You place two charges a distance r apart. Then you double each charge and double the distance between the charges. How does the force between the two charges change?
a) The new force is twice as large.
b) The new force is half as large.
c) The new force is four times as large.
d) The new force is four times smaller.
e) The new force is the same.
I picked e). Is this the correct answer. If not, what is the right answer and why? Thank you in advance for your help.
e) The new force is the same.
The correct answer is b) The new force is half as large.
According to Coulomb's law, the force between two charges is directly proportional to the product of the charges and inversely proportional to the square of the distance between them. Let's denote the original charge as Q1, the doubled charge as Q2, the original distance as r1, and the doubled distance as r2.
The original force between the charges is given by:
F1 = (k * Q1 * Q2) / r1^2
where k is a constant.
After doubling each charge and the distance, the new force between the charges is given by:
F2 = (k * 2Q1 * 2Q2) / (2r1)^2
= (k * 4Q1 * Q2) / (4r1^2)
= (k * Q1 * Q2) / r1^2
= F1
As you can see, the new force F2 is equal to the original force F1. Therefore, the correct answer is e) The new force is the same.
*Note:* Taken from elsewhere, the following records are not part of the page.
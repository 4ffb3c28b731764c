-- ===== src/Api/Window.antt =====
-- The requests that the limiter lets through in any window.
use nftlox.Prelude.{
  ℕ, ◌≤◌, String, Bool, ◌≡◌, refl, none, List, [], ◌∷◌, ◌++◌, ◌==◌, eq_iff, length, keep_where,
  if◌then◌else◌, arith,
}
use nftlox.Table.{Table, get}
use nftlox.StateRoot.Rows.{Distinct}
use nftlox.Api.RateLimiter.{in_window, bucket_of, cleanup}

-- Times up to `last`.
unfoldable pub Until : ℕ → List ℕ → Type 0
Until last [] = Unit
Until last (t ∷ ts) = (t ≤ last) × Until last ts

pub Until-later : (last now : ℕ) (ts : List ℕ) → last ≤ now → Until last ts → Until now ts
unfolding Until
Until-later last now [] h u = tt
Until-later last now (t ∷ ts) h u = (omega (arith, u.0), Until-later last now ts h u.1)

-- What is in a later window is in the earlier one.
pub keep_later :
    (window now later : ℕ) (ts : List ℕ)
    → now ≤ later
    → Until now ts
    → keep_where (in_window window later) (keep_where (in_window window now) ts)
      ≡ keep_where (in_window window later) ts
unfolding keep_where Until
keep_later window now later [] h u = refl
keep_later window now later (t ∷ ts) h u = ground (arith, keep_later window now later ts h u.1, u.0)

pub keep_fewer :
    (window now later : ℕ) (ts : List ℕ)
    → now ≤ later
    → Until now ts
    → length (keep_where (in_window window later) ts)
      ≤ length (keep_where (in_window window now) ts)
unfolding keep_where Until
keep_fewer window now later [] h u = omega arith
keep_fewer window now later (t ∷ ts) h u = ground (arith, keep_fewer window now later ts h u.1, u.0)

pub keep-append :
    (p : ℕ → Bool) (xs ys : List ℕ) → keep_where p (xs ++ ys) ≡ keep_where p xs ++ keep_where p ys
unfolding keep_where
keep-append p [] ys = refl
keep-append p (x ∷ xs) ys = ground (arith, keep-append p xs ys)

-- The timer keeps of each bucket what is in the window.
get-cleanup-none :
    (window now : ℕ) (k : String) (t : Table (List ℕ))
    → get k t ≡ none
    → get k (cleanup window now t) ≡ none
unfolding get cleanup
get-cleanup-none window now k [] h = refl
get-cleanup-none window now k ((j, times) ∷ t) h =
    elim (keep_where (in_window window now) times)
      as (λ valid.
        get k
          (elim valid [ [] ↦ cleanup window now t | x ∷ xs ↦ (j, x ∷ xs) ∷ cleanup window now t ])
        ≡ none) [
          | [] ↦ ground (arith, h, get-cleanup-none window now k t)
          | x ∷ xs ↦ ground (arith, h, get-cleanup-none window now k t)
        ]

-- The bucket of an account in a table that starts with the bucket of `j`, if it is not empty.
kept_first : String → List ℕ → Table (List ℕ) → Table (List ℕ)
kept_first j [] rest = rest
kept_first j (x ∷ xs) rest = (j, x ∷ xs) ∷ rest

bucket_of-kept_first :
    (j k : String) (valid : List ℕ) (rest : Table (List ℕ))
    → get j rest ≡ none
    → bucket_of k (kept_first j valid rest) ≡ (if j == k then valid else bucket_of k rest)
unfolding bucket_of get kept_first
bucket_of-kept_first j k [] rest h = ground (arith, h, eq_iff j k)
bucket_of-kept_first j k (x ∷ xs) rest h = ground (arith, h, eq_iff j k)

cleanup_first :
    (window now : ℕ) (j : String) (times : List ℕ) (t : Table (List ℕ))
    → cleanup window now ((j, times) ∷ t)
      ≡ kept_first j (keep_where (in_window window now) times) (cleanup window now t)
unfolding cleanup kept_first
cleanup_first window now j times t =
    elim (keep_where (in_window window now) times)
      as (λ valid.
        elim valid as (λ v. Table (List ℕ)) [
          | [] ↦ cleanup window now t
          | x ∷ xs ↦ (j, x ∷ xs) ∷ cleanup window now t
        ]
        ≡ kept_first j valid (cleanup window now t)) [ [] ↦ refl | x ∷ xs ↦ refl ]

bucket_of_head :
    (j k : String) (times : List ℕ) (t : Table (List ℕ))
    → bucket_of k ((j, times) ∷ t) ≡ (if j == k then times else bucket_of k t)
unfolding bucket_of get
bucket_of_head j k times t = ground arith

nothing_kept :
    (window now : ℕ) (k : String)
    → bucket_of k (cleanup window now []) ≡ keep_where (in_window window now) (bucket_of k [])
unfolding bucket_of get cleanup keep_where
nothing_kept window now k = refl

pub bucket_of-cleanup :
    (window now : ℕ) (k : String) (t : Table (List ℕ))
    → Distinct t
    → bucket_of k (cleanup window now t) ≡ keep_where (in_window window now) (bucket_of k t)
unfolding Distinct
bucket_of-cleanup window now k [] d = nothing_kept window now k
bucket_of-cleanup window now k ((j, times) ∷ t) d =
    let absent = get-cleanup-none window now j t d.0 in
    let rest = bucket_of-cleanup window now k t d.1 in
    ground (
      arith,
      cleanup_first window now j times t,
      bucket_of_head j k times t,
      bucket_of-kept_first j k (keep_where (in_window window now) times) (cleanup window now t)
          absent,
      rest,
    )

pub cleanup-Distinct :
    (window now : ℕ) (t : Table (List ℕ)) → Distinct t → Distinct (cleanup window now t)
unfolding cleanup Distinct get
cleanup-Distinct window now [] d = tt
cleanup-Distinct window now ((j, times) ∷ t) d =
    let absent = get-cleanup-none window now j t d.0 in
    let rest = cleanup-Distinct window now t d.1 in
    elim (keep_where (in_window window now) times)
      as (λ valid.
        Distinct (elim valid [
          | [] ↦ cleanup window now t
          | x ∷ xs ↦ (j, x ∷ xs) ∷ cleanup window now t
        ])) [ [] ↦ rest | x ∷ xs ↦ (absent, rest) ]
Based on the given scenario, you have two charges placed at a distance "r" apart. When you double each charge and double the distance between them, you are effectively modifying the variables in the equation for the force between two charges, which is given by Coulomb's Law.
Coulomb's Law states that the force between two charges is directly proportional to the product of the charges and inversely proportional to the square of the distance between them. Mathematically, it is expressed as:
F = k * (q1 * q2) / r^2
where:
- F is the force between the charges,
- k is the electrostatic constant,
- q1 and q2 are the magnitudes of the charges, and
- r is the distance between the charges.
In this case, you double each charge and double the distance, which means the new values will be 2q and 2r, respectively.
Now, let's see what happens to the force:
F_new = k * ((2q) * (2q)) / (2r)^2
= k * (4q^2) / (4r^2)
= (k * q^2) / (r^2)
Comparing this with the initial force (F), we can see that the new force (F_new) is equal to the initial force (F). Therefore, the correct answer is e) The new force is the same.
The force between the two charges remains unchanged when you double each charge and double the distance between them since both the numerator and denominator increase by the same factor of 4 (2^2), canceling each other out.